What this all says, is we are left in the dark by a company that won't even provide a proper customer service experience for their people. You, me, all of us, shouldnt have to scour the forums to find out why we cant access something we pay for.

Every company, small or large, provides some sense of customer service. Communications back and forth - not one sided - find it in the forums if you are lucky.

I haven't been able to play or log in for the better part of the event. Again today, all day, not able to log in.

Have any of you effected gotten an email, even a general email sent to thousands that say something like - "We see your account has been affected and you continued patience is important to us - and we are working on the problem.."?

No. I am sure no one has.

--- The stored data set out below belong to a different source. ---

-- ===== src/Setup/Service/Calls.antt =====
-- modules/setup/setup-service.js: what `activate` does after its commit, with the tables that it
-- writes, and the calls of the service one after the other.
mod Examples
pub mod Rows
pub mod Views
pub mod Moves
pub mod Over
use Prim.Native.String
use crmtsi_app.Common.{
  ℕ, ◌+◌, String, Bool, true, false, not, ◌&&◌, Option, none, some, List, [], ◌∷◌, ◌++◌, map,
  Result, ok, err, str_eq, if◌then◌else◌, find_first, any_of, Text, Object,
}
use crmtsi_app.Providers.Endpoint.{Url}
use crmtsi_app.Setup.{State, active, validated}
use crmtsi_app.Setup.Validation.{Draft, fields, allowed}
use crmtsi_app.Setup.Service.{
  Row, Limits, get_setup, update_row, bootstrap, rotate_bootstrap_secret, set_draft_config,
  validate_draft, begin_activation,
}

-- An active row of provider_configs.
pub record Setting : Type 0 where
  pub tenant_id : String
  pub provider : String
  pub config : Object
  pub ciphertext : Text
  pub version : ℕ

pub record Audit : Type 0 where
  pub tenant_id : String
  pub actor_id : String
  pub action : String
  pub resource_id : String

pub record Store : Type 0 where
  pub rows : List Row
  pub settings : List Setting
  pub audits : List Audit
  -- The activations that were begun and are not finished, each with the draft it read.
  pub in_flight : List (String × Draft)

abbrev name_of : Option String → String
name_of none = ""
name_of (some name) = name

abbrev setting_of : String → Draft → Text → Setting
setting_of tenant_id d ciphertext = record {
  tenant_id = tenant_id;
  provider = name_of (allowed d.provider);
  config = fields d.config;
  ciphertext = ciphertext;
  version = 1;
}

abbrev same_setting : Setting → Setting → Bool
same_setting n q = str_eq q.tenant_id n.tenant_id && str_eq q.provider n.provider

abbrev replace_setting : Setting → Setting → Setting
replace_setting n q =
    if same_setting n q
    then record q { config = n.config; ciphertext = n.ciphertext; version = q.version + 1 }
    else q

-- `insert … on conflict … do update`
pub upsert_setting : Setting → List Setting → List Setting
upsert_setting n settings =
    if any_of (same_setting n) settings
    then map (replace_setting n) settings
    else settings ++ n ∷ []

abbrev activated_audit : String → String → Draft → Audit
activated_audit tenant_id actor_id d = record {
  tenant_id = tenant_id;
  actor_id = actor_id;
  action = "provider.config.activated";
  resource_id = String.◌++◌ tenant_id (String.◌++◌ ":" (name_of (allowed d.provider)));
}

-- The statement after the commit that is refused.
pub data Point : Type 0 where
  at_upsert at_audit at_finish : Point

-- All succeed; or one is refused, and then the update that undoes the activation succeeds or not, or
-- the process ends before it.
pub data Outcome : Type 0 where
  completes : Outcome
  fails : Point → (error : String) → (undone : Bool) → Outcome

abbrev upserted : Outcome → Bool
upserted (fails at_upsert e undone) = false
upserted _ = true

abbrev audited : Outcome → Bool
audited (fails at_upsert e undone) = false
audited (fails at_audit e undone) = false
audited _ = true

-- `ciphertext` is the encrypted configuration.
pub persist_provider_configs :
    (tenant_id actor_id : String) → Draft → Text → Outcome → Store → Store
unfolding upsert_setting
persist_provider_configs tenant_id actor_id d ciphertext o s = record s {
  settings =
      if upserted o
      then upsert_setting (setting_of tenant_id d ciphertext) s.settings
      else s.settings;
  audits = if audited o then s.audits ++ activated_audit tenant_id actor_id d ∷ [] else s.audits;
}

abbrev pub finish_row : Row → Row
finish_row r = record r {
  state = active;
  active_config = r.draft_config;
  draft_config = none;
  secrets_hash = none;
  version = r.version + 1;
}

abbrev pub undo_row : Row → Row
undo_row r = record r { state = validated }

-- The rows of the set-up after the statements that follow the commit.
pub settle_rows : String → Outcome → List Row → List Row
settle_rows tenant_id completes rows = update_row tenant_id finish_row rows
settle_rows tenant_id (fails p e true) rows = update_row tenant_id undo_row rows
settle_rows tenant_id (fails p e false) rows = rows

pub finish_activation :
    (tenant_id actor_id : String) → Draft → Text → Outcome → Store → Store × Result State
unfolding persist_provider_configs settle_rows
finish_activation tenant_id actor_id d ciphertext o s = (
  record (persist_provider_configs tenant_id actor_id d ciphertext o s) {
    rows = settle_rows tenant_id o s.rows;
  },
  elim o [ completes ↦ ok active | fails p e undone ↦ err e ],
)

-- The calls; `settles` is the end of an activation that was begun.
pub data Call : Type 0 where
  bootstraps : (now : ℕ) → (secret bootstrap_secret salt : String) → Option ℕ → Call
  drafts : Option Draft → Call
  validates : (now : ℕ) → (token : String) → Call
  activates : Call
  settles : (actor_id : String) → (ciphertext : Text) → Outcome → Call
  rotates : (now : ℕ) → (actor_id old_secret new_secret salt : String) → (audited : Bool) → Call

abbrev pub flight_of : String → String × Draft → Bool
flight_of tenant_id f = str_eq f.0 tenant_id

-- A begun activation keeps the draft that its transaction read.
abbrev pub takes_off : String → Result Row → List (String × Draft) → List (String × Draft)
takes_off tenant_id (err e) flights = flights
takes_off tenant_id (ok r) flights = elim r.draft_config [
  | none ↦ flights
  | some d ↦ (tenant_id, d) ∷ flights
]

pub lands : String → List (String × Draft) → List (String × Draft)
lands tenant_id [] = []
lands tenant_id (f ∷ flights) =
    if flight_of tenant_id f then lands tenant_id flights else f ∷ lands tenant_id flights

abbrev rotated_audit : String → String → Audit
rotated_audit tenant_id actor_id = record {
  tenant_id = tenant_id;
  actor_id = actor_id;
  action = "bootstrap.secret.rotated";
  resource_id = tenant_id;
}

abbrev pub settle_flight :
    String → String → Text → Outcome → Option (String × Draft) → Store → Store
settle_flight tenant_id actor_id ciphertext o none s = s
settle_flight tenant_id actor_id ciphertext o (some f) s =
    record (finish_activation tenant_id actor_id f.1 ciphertext o s).0 {
      in_flight = lands tenant_id s.in_flight;
    }

module _ (sha256 : String → String) (parse_url : Text → Option Url) (limits : Limits) where
  -- A call of a tenant.
  pub step : String → Call → Store → Store
  unfolding lands bootstrap set_draft_config validate_draft begin_activation finish_activation
      rotate_bootstrap_secret
  step t (bootstraps now secret bootstrap_secret salt expires_at) s = record s {
    rows = (bootstrap sha256 limits now t secret bootstrap_secret salt expires_at s.rows).0;
  }
  step t (drafts config) s = record s { rows = (set_draft_config parse_url t config s.rows).0 }
  step t (validates now token) s = record s { rows = (validate_draft limits now t token s.rows).0 }
  step t activates s =
      let begun = begin_activation t s.rows in
      record s { rows = begun.0; in_flight = takes_off t begun.1 s.in_flight }
  step t (settles actor_id ciphertext o) s =
      settle_flight t actor_id ciphertext o (find_first (flight_of t) s.in_flight) s
  step t (rotates now actor_id old_secret new_secret salt audited) s =
      let renewed = rotate_bootstrap_secret sha256 now t old_secret new_secret salt s.rows in
      record s {
        rows = renewed.0;
        audits = elim renewed.1 [
          | err e ↦ s.audits
          | ok _ ↦ if audited then s.audits ++ rotated_audit t actor_id ∷ [] else s.audits
        ];
      }

  pub run : Store → List (String × Call) → Store
  run s [] = s
  run s ((t, c) ∷ calls) = run (step t c s) calls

So you have to look in the forums and see if someone from Zenimax has posted anything at all that day that pertains to your issues---maybe they have or mybe not.

Taysa

So no update on this?

Loading screens are still intermittently atrocious. Logging in is a chore as it's plagued with Log-In 200/108 errors. Client lock ups and crashes. Screen freezing and then logging me out.

This is getting ridiculous ZoS. We deserve more than "Oops, DDoS attack. Enjoy your weekend on our crappy servers ¯\_(ツ)_/¯"

CiliPadi

How does DDoS affect broken grouping system? Enlighten me, I'm not good at these networking things.
Lag is one thing, but modern MMOs have got grouping working 100%.

This game has been out for, what, 3yrs? And grouping is still broken.

Appreciate the update, but it is slow and way too late. A lot of my ESO friends have quit and gone to other MMOs.

MickeyBN

I'm seeing people complaining that the influx of PvPers are causing stress on the servers, then I'm seeing others begging for the PvP event to be extended...

Somebody help me understand this.

allup8679

I have a suggestion for you.

https://youtu.be/xjzzLelV0Y0

Caligamy_ESO

Whoever out there is responsible for it better be laying REAL low, this is a company that has no qualms about suing even giant corporations. Others have been sued and jailed over this very thing over the past 7-8 years.

russelmmendoza

Thanks for the info.
I am actually cursing whenever lag and kickouts hit me while playing.
Last boss dungeon you get kicked out. Doing nDSA you get kicked out.
I can accept dying because of lag at least you can resurrect there.
Getting kicked out of game while playing means you restart again.
Seriously WTF OMG. I gave up nDSA made me really sad.

Drummerx04

Can all the Sorc Haters please stop DDoSing ZoS's servers? Thank you.

Mojmir

Caligamy_ESO wrote: »

Whoever out there is responsible for it better be laying REAL low, this is a company that has no qualms about suing even giant corporations. Others have been sued and jailed over this very thing over the past 7-8 years.

Facebook is ddos attacking eso-confirmed

akl77

I'm not sure if I'll buy into that, sounds like an excuse for the lame server and cover up of the profit eating company.

DrPain

Thank you for this thread. Like many I was getting very frustrated at not knowing why this was happening, or why it started when it was going/running fine for so long.

I will remember this next time I have such issue's with lag, disco's and log outs.

Elsonso

CiliPadi wrote: »

How does DDoS affect broken grouping system? Enlighten me, I'm not good at these networking things. Lag is one thing, but modern MMOs have got grouping working 100%.

We don't know how their grouping system is designed to work. We know that it is a problem child and that it frequently has the appearance of not working. Making a simple grouping system is pretty much as easy as it sounds. It is when filters and criteria are put into place that things start to go bad. I think they use criteria and filters in an attempt to make the best and most fun group environment that they can.

I figure the situation with the grouping tool resembles the quote by Scotty from The Search For Spock: "The more they overthink the plumbing, the easier it is to stop up the drain."

DDoS is stopping up the grouping drain, somehow. Maybe they have a "latency criteria" in there so that everyone in the group has a similar latency? Maybe the grouping tool thinks the person is disconnected?

Talrol

@ZOS_GinaBruno It is appreciated that you replied and put this information out there. It would be much more helpful in the future if you alerted your web support team of these situations so that when we submit a support ticket they don't insist that it's a problem on our end.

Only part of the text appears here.